Why is this? Is there some mathematical proof / intuition?

My intuition is that it’s because the cosine metric is only concerned with the angle between data points, and the fact that the plane between any two data points and the origin is 3 dimensional. But what if two data points have a very small angle but lie “far away” from each other (in an absolute difference sense) – then how would they still be considered close / similar?


Contrary to various unproven claims, cosine cannot be significantly better.

It is easy to see that Cosine is essentially the same as Euclidean on normalized data. The normalization takes away one degree of freedom. Thus, cosine on a 1000 dimensional space is about as “cursed” as Euclidean on a 999 dimensional space.

What is usually different is the data where you would use one vs. the other. Euclidean is commonly used on dense, continuous variables. There every dimension matters, and a 20 dimensional space can be challenging. Cosine is mostly used on very sparse, discrete domains such as text.

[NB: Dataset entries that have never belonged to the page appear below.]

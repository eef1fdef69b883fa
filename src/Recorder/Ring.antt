-- ===== src/Recorder/Ring.antt =====
-- The ring of the recorder against a queue: what is stored, what is read, and in which order.
use vd_trace.Base.{
  ℕ, zero, suc, ◌+◌, ◌-◌, ◌%◌, ◌≤◌, ◌<◌, ◌≡◌, ◌≢◌, ◌↔◌, refl, ap, sym, ◌∙◌, Bool, true, false, List,
  [], ◌∷◌, ◌++◌, arith, length, length-append, subst,
}
use mathlib.Core.List.{append_assoc}
use vd_trace.Recorder.{
  TextFileRecorder, ring_capacity, pending_between, pending_event_count, next_slot, put, Enqueued,
  enqueue, producer_wakes, WriteEnqueued, enqueue_write, pop_batch, finish_batch,
}
use vd_trace.Recorder.Steps.{System, opened, Step, Run, process_event}

queue_between :
    (i n w : ℕ)
    → i < ring_capacity
    → n < ring_capacity
    → w ≡ (i + n) % ring_capacity
    → pending_between i w ≡ n
unfolding pending_between
queue_between i n w h m e = ground arith

module _ {A : Type 0} where
  -- The events of `n` slots from `i` on.
  pub slots : (ℕ → A) → ℕ → ℕ → List A
  slots ring i zero = []
  slots ring i (suc n) = ring i ∷ slots ring (next_slot i) n

  length-slots : (ring : ℕ → A) (i n : ℕ) → length (slots ring i n) ≡ n
  unfolding slots
  length-slots ring i zero = refl
  length-slots ring i (suc n) = ap suc (length-slots ring (next_slot i) n)

  slots_front :
      (ring : ℕ → A) (i n : ℕ) → 1 ≤ n → slots ring i n ≡ ring i ∷ slots ring (next_slot i) (n - 1)
  unfolding slots
  slots_front ring i zero h = absurd (omega arith)
  slots_front ring i (suc n) h =
      let e : n ≡ suc n - 1 = omega arith in ap (λ k. ring i ∷ slots ring (next_slot i) k) e

  -- Writing behind the last of fewer than all slots adds an event at the end.
  slots-put :
      (ring : ℕ → A) (i n j : ℕ) (event : A)
      → i < ring_capacity
      → n < ring_capacity
      → j ≡ (i + n) % ring_capacity
      → slots (put ring j event) i (n + 1) ≡ slots ring i n ++ event ∷ []
  unfolding slots
  slots-put ring i zero j event h m e = let same : i ≡ j = omega arith in ground arith
  slots-put ring i (suc n) j event h m e =
      let other : i ≢ j = omega arith in
      let ih = slots-put ring (next_slot i) n j event (omega arith) (omega arith) (omega arith) in
      ground (arith, ih)

  pub enqueue-stored :
      (r r' : TextFileRecorder A) (event : A)
      → enqueue r event ≡ Enqueued.stored r'
      → (next_slot r.write_index ≢ r.read_index)
        × (r' ≡ record r {
          ring = put r.ring r.write_index event;
          write_index = next_slot r.write_index;
        })
  unfolding enqueue
  enqueue-stored r r' event e = ground arith

  abbrev SameRing : TextFileRecorder A → TextFileRecorder A → Type 0
  SameRing r r' =
      (r'.ring ≡ r.ring) × (r'.read_index ≡ r.read_index) × (r'.write_index ≡ r.write_index)

  enqueue_write-SameRing :
      (r r' : TextFileRecorder A) (text : List ℕ) (count : ℕ)
      → enqueue_write r text count ≡ WriteEnqueued.returned r'
      → SameRing r r'
  unfolding enqueue_write
  enqueue_write-SameRing r r' text count e = ground arith

  -- The worker has read `drained` slots that it has not given back, `unread` hold events that it
  -- has not read, and `ahead` of these are in its snapshot.
  record IsQueueOf (ring : ℕ → A) (read write local_read local_write : ℕ) (draining : Bool)
      (accepted processed : List A) : Type 0 where
    pub drained : ℕ
    pub unread : ℕ
    pub ahead : ℕ
    pub read_inside : read < ring_capacity
    pub at_read : local_read ≡ (read + drained) % ring_capacity
    pub at_write : write ≡ (local_read + unread) % ring_capacity
    pub at_snapshot : local_write ≡ (local_read + ahead) % ring_capacity
    pub snapshot : ahead ≤ unread
    pub room : drained + unread < ring_capacity
    pub given_back : draining ≡ false → drained ≡ 0
    pub fifo : accepted ≡ processed ++ slots ring local_read unread

  abbrev Holds : TextFileRecorder A → System A → Type 0
  Holds r s =
      IsQueueOf r.ring r.read_index r.write_index s.local_read s.local_write s.draining s.accepted
        s.processed

  abbrev IsQueue : System A → Type 0
  IsQueue s = Holds s.recorder s

  opened-IsQueue : (ring : ℕ → A) → IsQueue (opened ring)
  unfolding slots
  opened-IsQueue ring = record {
    drained = 0;
    unread = 0;
    ahead = 0;
    read_inside = omega arith;
    at_read = refl;
    at_write = refl;
    at_snapshot = refl;
    snapshot = omega arith;
    room = omega arith;
    given_back = λ _. refl;
    fifo = refl;
  }

  same_ring :
      (s : System A) (r : TextFileRecorder A) → SameRing s.recorder r → IsQueue s → Holds r s
  same_ring s r (ring, read, write) q = rw (ring, read, write) q

  produce-IsQueue :
      (s : System A) (r : TextFileRecorder A) (event : A)
      → enqueue s.recorder event ≡ Enqueued.stored r
      → IsQueue s
      → IsQueue (record s { recorder = r; accepted = s.accepted ++ event ∷ [] })
  produce-IsQueue s r event e q =
      let (free, stored) = enqueue-stored s.recorder r event e in
      subst
        (λ (x : TextFileRecorder A).
          IsQueue (record s { recorder = x; accepted = s.accepted ++ event ∷ [] }))
        (sym stored)
        (record {
          drained = q.drained;
          unread = q.unread + 1;
          ahead = q.ahead;
          read_inside = q.read_inside;
          at_read = q.at_read;
          at_write = omega (arith, q.at_write);
          at_snapshot = q.at_snapshot;
          snapshot = omega (arith, q.snapshot);
          room = omega (arith, q.room, q.at_read, q.at_write, free, q.read_inside);
          given_back = q.given_back;
          fifo =
              ap (λ l. l ++ event ∷ []) q.fifo
              ∙ append_assoc s.processed (slots s.recorder.ring s.local_read q.unread) (event ∷ [])
              ∙ ap (λ l. s.processed ++ l)
                  (sym (
                    slots-put s.recorder.ring s.local_read q.unread s.recorder.write_index event
                      (omega (arith, q.at_read)) (omega (arith, q.room)) q.at_write));
        })

  process-IsQueue :
      (s : System A)
      → s.draining ≡ true
      → s.local_read ≢ s.local_write
      → IsQueue s
      → IsQueue (process_event s)
  process-IsQueue s d m q = record {
    drained = q.drained + 1;
    unread = q.unread - 1;
    ahead = q.ahead - 1;
    read_inside = q.read_inside;
    at_read = omega (arith, q.at_read);
    at_write = omega (arith, q.at_write, m, q.at_snapshot, q.snapshot, q.at_read);
    at_snapshot = omega (arith, q.at_read, m, q.at_snapshot, q.snapshot);
    snapshot = omega (arith, q.snapshot);
    room = omega (arith, q.room, m, q.at_read, q.at_snapshot, q.snapshot);
    given_back = λ e. absurd (ground (arith, d));
    fifo =
        q.fifo
        ∙ ap (λ l. s.processed ++ l)
            (slots_front s.recorder.ring s.local_read q.unread
              (omega (arith, q.at_snapshot, q.snapshot, m, q.at_read)))
        ∙ sym (
            append_assoc s.processed (s.recorder.ring s.local_read ∷ [])
              (slots s.recorder.ring (next_slot s.local_read) (q.unread - 1)));
  }

  Step-IsQueue : (s t : System A) → Step s t → IsQueue s → IsQueue t
  unfolding pop_batch finish_batch
  Step-IsQueue s t (Step.produce event r e) q = produce-IsQueue s r event e q
  Step-IsQueue s t (Step.begin e) q =
      let z = q.given_back e in
      record {
        drained = 0;
        unread = q.unread;
        ahead = q.unread;
        read_inside = q.read_inside;
        at_read = omega (arith, q.read_inside);
        at_write = omega (arith, q.at_write, q.at_read, z);
        at_snapshot = omega (arith, q.at_write, q.at_read, z);
        snapshot = omega arith;
        room = omega (arith, q.room);
        given_back = λ _. refl;
        fifo =
            q.fifo
            ∙ ap (λ i. s.processed ++ slots s.recorder.ring i q.unread)
                (omega (arith, q.at_read, z, q.read_inside));
      }
  Step-IsQueue s t (Step.process d m) q = process-IsQueue s d m q
  Step-IsQueue s t (Step.flush text count r d l e) q =
      same_ring s r (enqueue_write-SameRing s.recorder r text count e) q
  Step-IsQueue s t (Step.commit d e) q = record {
    drained = 0;
    unread = q.unread;
    ahead = q.ahead;
    read_inside = omega (arith, q.at_read);
    at_read = omega (arith, q.at_read);
    at_write = q.at_write;
    at_snapshot = q.at_snapshot;
    snapshot = q.snapshot;
    room = omega (arith, q.room);
    given_back = λ _. refl;
    fifo = q.fifo;
  }
  Step-IsQueue s t (Step.failed b e) q =
      same_ring s (finish_batch s.recorder b false) (ground arith) q
  Step-IsQueue s t (Step.stop_worker) q = q
  Step-IsQueue s t (Step.stop_writer) q = q
  Step-IsQueue s t (Step.take_batch b rest w e) q = q
  Step-IsQueue s t (Step.activate b w) q = q
  Step-IsQueue s t (Step.written b w) q = q
  Step-IsQueue s t (Step.leave w e x) q = q

  Run-IsQueue : (ring : ℕ → A) {s : System A} → Run (opened ring) s → IsQueue s
  Run-IsQueue ring Run.begun = opened-IsQueue ring
  Run-IsQueue ring (Run.then_step {s} {t} r e) = Step-IsQueue s t e (Run-IsQueue ring r)

  -- However the threads interleave, the events that the worker has read and those that wait in
  -- the ring are together the events that were stored, each once and in order; the ring never
  -- holds more than its capacity less one, and `PendingEventCount` counts what waits whenever the
  -- worker is not in a drain.
  pub Run-fifo :
      (ring : ℕ → A) {s : System A}
      → Run (opened ring) s
      → (s.accepted
          ≡ s.processed
            ++ slots s.recorder.ring s.local_read
                (pending_between s.local_read s.recorder.write_index))
        × (pending_event_count s.recorder ≤ ring_capacity - 1)
        × (s.draining ≡ false
            → length s.accepted ≡ length s.processed + pending_event_count s.recorder)
  Run-fifo ring {s} run =
      let q = Run-IsQueue ring run in
      let n =
        queue_between s.local_read q.unread s.recorder.write_index (omega (arith, q.at_read))
          (omega (arith, q.room)) q.at_write in
      let p =
        queue_between s.recorder.read_index (q.drained + q.unread) s.recorder.write_index
          q.read_inside q.room (omega (arith, q.at_write, q.at_read)) in
      (
        rw n q.fifo,
        omega (arith, p, q.room),
        λ idle. omega (
          arith,
          ap length q.fifo,
          length-append s.processed (slots s.recorder.ring s.local_read q.unread),
          length-slots s.recorder.ring s.local_read q.unread,
          p,
          q.given_back idle,
        ),
      )

  -- A producer waits exactly while the ring is full: `Enqueue` waits where the condition that it
  -- waits for is false, and only there.
  pub enqueue-waits :
      (r : TextFileRecorder A) (event : A)
      → r.file_open ≡ true
      → r.stop_requested ≡ false
      → r.read_index < ring_capacity
      → r.write_index < ring_capacity
      → (enqueue r event ≡ Enqueued.waits) ↔ (producer_wakes r ≡ false)
  unfolding enqueue producer_wakes pending_between
  enqueue-waits r event o s h m = (λ e. ground arith, λ e. ground arith)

Here, most dimensions are 0 and do not matter at all. A 100.000 dimensional vector space may have just some 50 nonzero dimensions for a distance computation; and of these many will have a low weight (stopwords). So it is the typical use case of cosine that is not cursed, even though it theoretically is a very high dimensional space.

There is a term for this: intrinsic dimensionality vs. representation dimensionality.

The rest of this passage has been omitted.